There are a few divisibility tests that you can use to guess correctly whether a number is divisible by a given number or not. You have read them in the lower classes, here we will recap them again.

Number | Test |

2 | If the units place is even, the number is divisible by 2 e.g. 102, 10, 8, 98. |

3 or 9 | If the sum of the digits of a number is divisible by 3 or 9, then and only then the number is divisible by 3 or 9. For example, 99, 492, 336 etc. |

4 | If the number formed by the last two digits of a given number is divisible by 4, then the number is divisible by 4. For example 7612, 9820, 5428, 3036 etc. |

5 | If the number has 5 or 0 in the units place, it is divisible by 5. |

6 | A number that is divisible by both 2 and 3 is divisible by 6. |

### Other Tests

The divisibility tests for 8, 9 and 10 are rather simple. If the last three digits of a given number are divisible by 8, then the number is divisible by 8. For example 7040, 87640 etc. are divisible by 8. Also, any number that has 0 in its units place is divisible by 10, otherwise not. The rule for 7 is a bit complicated and it is advised to use the division rather than the divisibility test. They both take the same time. These are some methods that could save you a few minutes in the exam hall. As we discussed in the earlier articles, you could also memorize the squares and cubes of a few numbers. These tricks will save you a lot of time in the exam hall. However, even if the exam is such that an onscreen calculator is provided to the student, it will take you multiple iterations to ascertain the divisibility of a certain quantity, Hence, it is better to memorize the above details.

## Odd Numbers

Let us begin with a straightforward set of numbers. In the following numbers, pick the odd one out:

- 63
- 17
- 13
- 23

Answer: 17 is a “famous” prime number. A prime number is a number that can be only divided by 1 and itself in a way that leaves no remainder. So that is your cue. Check if there are more primes. Well, of course, there are, 23 and 13 are also prime numbers. What about 63? It is divisible by 7 and 9 and so on and thus is a non-prime. Hence the odd number in the above question is A) 63.
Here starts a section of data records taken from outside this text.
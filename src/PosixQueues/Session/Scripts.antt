-- ===== src/PosixQueues/Session/Scripts.antt =====
-- The lines MIRROR and END of a client of SysOpy/lab6/src/zad2, from `init` to `break`.
use semestr.Prelude.{
  ℕ, zero, suc, ◌+◌, ◌-◌, ◌%◌, ◌≡◌, ◌≢◌, ◌≤◌, ◌<◌, refl, sym, ◌∙◌, arith, some, List, [], ◌∷◌, ◌++◌,
  append_assoc, append-nil, map, length, length-append, get_elem?, reversed,
}
use semestr.Prelude.Int.{ℤ}
use semestr.CString.{Text}
use semestr.CString.Tokens.{Plain, same_text_refl, strtok-token}
use semestr.Queues.Commands.{mirror_command, end_command}
use semestr.PosixQueues.{
  server_name, message_text, argument, Server, continues, closed, handle, send_message,
}
use semestr.PosixQueues.Fields.{prepare_message_lem, fields-message_text}
use semestr.PosixQueues.Mirroring.{mirror-round_trip}
use semestr.PosixQueues.Session.{
  random_letters, get_random_name, queue_of, Client, ends, connect, print_answer, exchange,
  send_messages, sender,
}

queue_of-append :
    (name : Text) (xs ys : List (Text × Text))
    → queue_of name (xs ++ ys) ≡ queue_of name xs ++ queue_of name ys
queue_of-append name [] ys = refl
queue_of-append name ((to, message) ∷ xs) ys = ground (arith, queue_of-append name xs ys)

queue_of-send :
    (name message : Text) (sent : List (Text × Text))
    → queue_of name (sent ++ (name, message) ∷ []) ≡ queue_of name sent ++ message ∷ []
queue_of-send name message sent =
    queue_of-append name sent ((name, message) ∷ []) ∙ rw (same_text_refl name) refl

get_elem?-last {ℓ} :
    {A : Type ℓ} (xs : List A) (x : A) → get_elem? (xs ++ x ∷ []) (length xs) ≡ some x
get_elem?-last [] x = refl
get_elem?-last (y ∷ xs) x = get_elem?-last xs x

letters-Plain : (rand : ℕ → ℕ) (k n : ℕ) → Plain (b'|' ∷ []) (random_letters rand k n)
unfolding random_letters
letters-Plain rand k zero = tt
letters-Plain rand k (suc n) = (ground arith, letters-Plain rand (k + 1) n)

length-random_letters : (rand : ℕ → ℕ) (k n : ℕ) → length (random_letters rand k n) ≡ n
unfolding random_letters
length-random_letters rand k zero = refl
length-random_letters rand k (suc n) = omega (arith, length-random_letters rand (k + 1) n)

-- Texts of 1 to 110 bytes, without a newline.
abbrev pub AllLines : List Text → Type 0
AllLines [] = Unit {0}
AllLines (t ∷ ts) = (t ≢ []) × Plain (10 ∷ []) t × (length t ≤ 110) × AllLines ts

-- The lines "MIRROR text" for texts, and "END" after them.
abbrev pub script : List Text → List Text
script [] = (end_command ++ 10 ∷ []) ∷ []
script (t ∷ ts) = (mirror_command ++ 32 ∷ (t ++ 10 ∷ [])) ∷ script ts

-- The client has taken all messages of its queue.
abbrev IsIdle : Text → Client → Type 0
IsIdle name c = length (queue_of name c.server.sent) ≡ c.taken

exchange_lem :
    (now : Text) (print : ℤ → ℤ → Text) (name message reply text : Text) (s : Server) (c : Client)
    → IsIdle name c
    → handle now print c.server message
      ≡ some (continues (record s { sent = c.server.sent ++ (name, reply) ∷ [] }))
    → argument reply ≡ some text
    → (d : Client) × (exchange now print name message c ≡ some (some d))
      × IsIdle name d
      × (d.printed ≡ c.printed ++ text ∷ [])
unfolding exchange print_answer
exchange_lem now print name message reply text s c idle handled argued =
    let there : get_elem? (queue_of name (c.server.sent ++ (name, reply) ∷ [])) c.taken
        ≡ some reply =
      rw (queue_of-send name reply c.server.sent, ← idle)
        (get_elem?-last (queue_of name c.server.sent) reply) in
    (
      record {
        server = record s { sent = c.server.sent ++ (name, reply) ∷ [] };
        taken = c.taken + 1;
        printed = c.printed ++ text ∷ [];
      },
      rw (exchange, handled, print_answer, there, argued) refl,
      rw (queue_of-send name reply c.server.sent)
          (omega (arith, idle, length-append (queue_of name c.server.sent) (reply ∷ []))),
      refl,
    )

registers :
    (now : Text) (print : ℤ → ℤ → Text) (c : ℕ) (cs : Text) (s : Server)
    → Plain (b'|' ∷ []) (c ∷ cs)
    → handle now print s (message_text 1 (c ∷ cs) [])
      ≡ some (
          continues (record {
            clients = s.clients ++ (c ∷ cs) ∷ [];
            sent = s.sent ++ (c ∷ cs, message_text 1 server_name []) ∷ [];
          }))
unfolding handle message_text
registers now print c cs s plain = rw (fields-message_text 1 c cs [] (omega arith) plain) refl

ends_server :
    (now : Text) (print : ℤ → ℤ → Text) (c : ℕ) (cs : Text) (s : Server)
    → Plain (b'|' ∷ []) (c ∷ cs)
    → handle now print s (message_text 5 (c ∷ cs) []) ≡ some closed
unfolding handle message_text
ends_server now print c cs s plain = rw (fields-message_text 5 c cs [] (omega arith) plain) refl

end_line :
    (name : Text)
    → length name < 125
    → send_message name (end_command ++ 10 ∷ []) ≡ some (some (message_text 5 name []))
unfolding send_message
end_line name short =
    rw
      (
        strtok-token (32 ∷ 10 ∷ []) b'E' (b'N' ∷ b'D' ∷ []) 10 [] (refl, (refl, (refl, tt))) refl,
        send_message,
        prepare_message_lem 5 name [] (omega arith),
      )
      refl

module _ (now : Text) (print : ℤ → ℤ → Text) (c : ℕ) (cs : Text)
    (plain : Plain (b'|' ∷ []) (c ∷ cs)) (short : length (c ∷ cs) ≤ 14) where
  connect_lem :
      (s : Server)
      → queue_of (c ∷ cs) s.sent ≡ []
      → (d : Client) × (connect now print (c ∷ cs) s ≡ some d)
        × IsIdle (c ∷ cs) d
        × (d.printed ≡ [])
  unfolding connect
  connect_lem s new =
      let message = message_text 1 server_name [] in
      let queue : queue_of (c ∷ cs) (s.sent ++ (c ∷ cs, message) ∷ []) ≡ message ∷ [] =
        queue_of-send (c ∷ cs) message s.sent ∙ rw new refl in
      (
        record {
          server = record {
            clients = s.clients ++ (c ∷ cs) ∷ [];
            sent = s.sent ++ (c ∷ cs, message) ∷ [];
          };
          taken = 0 + 1;
          printed = [];
        },
        rw
            (
              connect,
              prepare_message_lem 1 (c ∷ cs) [] (omega arith),
              registers now print c cs s plain,
              queue,
            )
            refl,
        rw queue refl,
        refl,
      )

  send_messages-script :
      (ts : List Text) (d : Client)
      → AllLines ts
      → IsIdle (c ∷ cs) d
      → (e : Client) × (send_messages now print (c ∷ cs) (script ts) d ≡ some (ends e))
        × (e.printed ≡ d.printed ++ map reversed ts)
  unfolding send_messages exchange
  send_messages-script [] d all idle = (
    d,
    rw
        (
          end_line (c ∷ cs) (omega arith),
          send_messages,
          exchange,
          ends_server now print c cs d.server plain,
        )
        refl,
    sym (append-nil d.printed),
  )
  send_messages-script ([] ∷ ts) d all idle = absurd (all.0 refl)
  send_messages-script ((t ∷ u) ∷ ts) d all idle =
      let (message, reply, sent, handled, argued) =
        mirror-round_trip now print d.server c t cs u plain all.1 (omega (arith, all.2))
          (omega (arith, all.2)) in
      let (e, done, again, more) =
        exchange_lem now print (c ∷ cs) message reply (reversed (t ∷ u)) d.server d idle handled
          argued in
      let (f, rest, printed) = send_messages-script ts e all.3 again in
      (
        f,
        rw (sent, send_messages, done) rest,
        printed ∙ rw more (append_assoc d.printed (reversed (t ∷ u) ∷ []) (map reversed ts)),
      )

-- A client that starts with its queue empty, and whose input is lines MIRROR with texts of at
-- most 110 bytes, then END: it
-- prints each text reversed, in their order, and ends, whatever the server did before.
pub sender-script :
    (now : Text) (print : ℤ → ℤ → Text) (rand : ℕ → ℕ) (ts : List Text) (s : Server)
    → queue_of (get_random_name rand) s.sent ≡ []
    → AllLines ts
    → (c : Client) × (sender now print rand (script ts) s ≡ some (ends c))
      × (c.printed ≡ map reversed ts)
unfolding sender get_random_name
sender-script now print rand ts s new all =
    let cs = random_letters rand 1 (rand 0 % 10 + 5 - 1) in
    let plain : Plain (b'|' ∷ []) (b'/' ∷ cs) =
      (refl, letters-Plain rand 1 (rand 0 % 10 + 5 - 1)) in
    let short : length (b'/' ∷ cs) ≤ 14 =
      omega (arith, length-random_letters rand 1 (rand 0 % 10 + 5 - 1)) in
    let (d, connected, idle, nothing) = connect_lem now print b'/' cs plain short s new in
    let (c, done, printed) = send_messages-script now print b'/' cs plain short ts d all idle in
    (c, rw (sender, connected) done, printed ∙ rw nothing refl)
Let us see another example. Pick the odd number out of the following group of numbers:

- 1728
- 4448
- 6904
- 2022

Answer: Check the above table for the divisibility test of 4. You shall easily see that as 1728 has 28 as the last two digits, it is divisible by 4. Similarly, others including 4448 and 6904 are divisible by 4. Now the last number 2022 is not divisible by 4 and hence is the odd one out.

The questions based on divisibility test do often fair in many exams, For example, consider the following question:

Select the one which is different from the other three alternatives. [SSC Graduate Level Exam 2014]

- 222
- 10
- 68
- 125

Answer: As you can see every number except the last one is divisible by 2. Hence the odd one out, here would be D) 125.

## Odd Number Pairs

Sometimes you are given a pair of numbers and are asked to find out the odd pair instead of a group of numbers. Let us see such an example below:

Question: Select the one which is different from the other three alternatives. [SSC Graduate Level Exam 2014]

- 41 – 72
- 12 – 30
- 51 – 42
- 11 – 20

Answer: So what is going on here? Consider 12 -30. The sum of the digits of 12 is 3 and 3 divides 30 which is the second term. Now take 51 – 42. The sum of the digits of the first term is 6 which divides 42. Similarly, in 11 – 20, the sum of the digits in the first number is 2 which divides 2o. However, in the first term 41 – 72 this rule is not followed. Hence the odd term here is ) 41 – 72.

## Practice Questions

Q 1: Select the one which is different from the other three alternatives. [SSC Graduate Level Exam 2014]

- 76
- 64
- 38
- 95

Answer: B) 64.

Q 2: Select the one which is different from the other three alternatives. [SSC Graduate Level Exam 2014]

- 114, 57
- 38, 144
- 95, 152
- 76, 133

Ans: B) 38, 144

Q 3: Select the one which is different from the other three alternatives. [SSC Graduate Level Exam 2013]

- 234, 342
- 354, 543
- 543, 453
- 243, 432

Ans: C) 543, 453 [Hint: Check symmetry]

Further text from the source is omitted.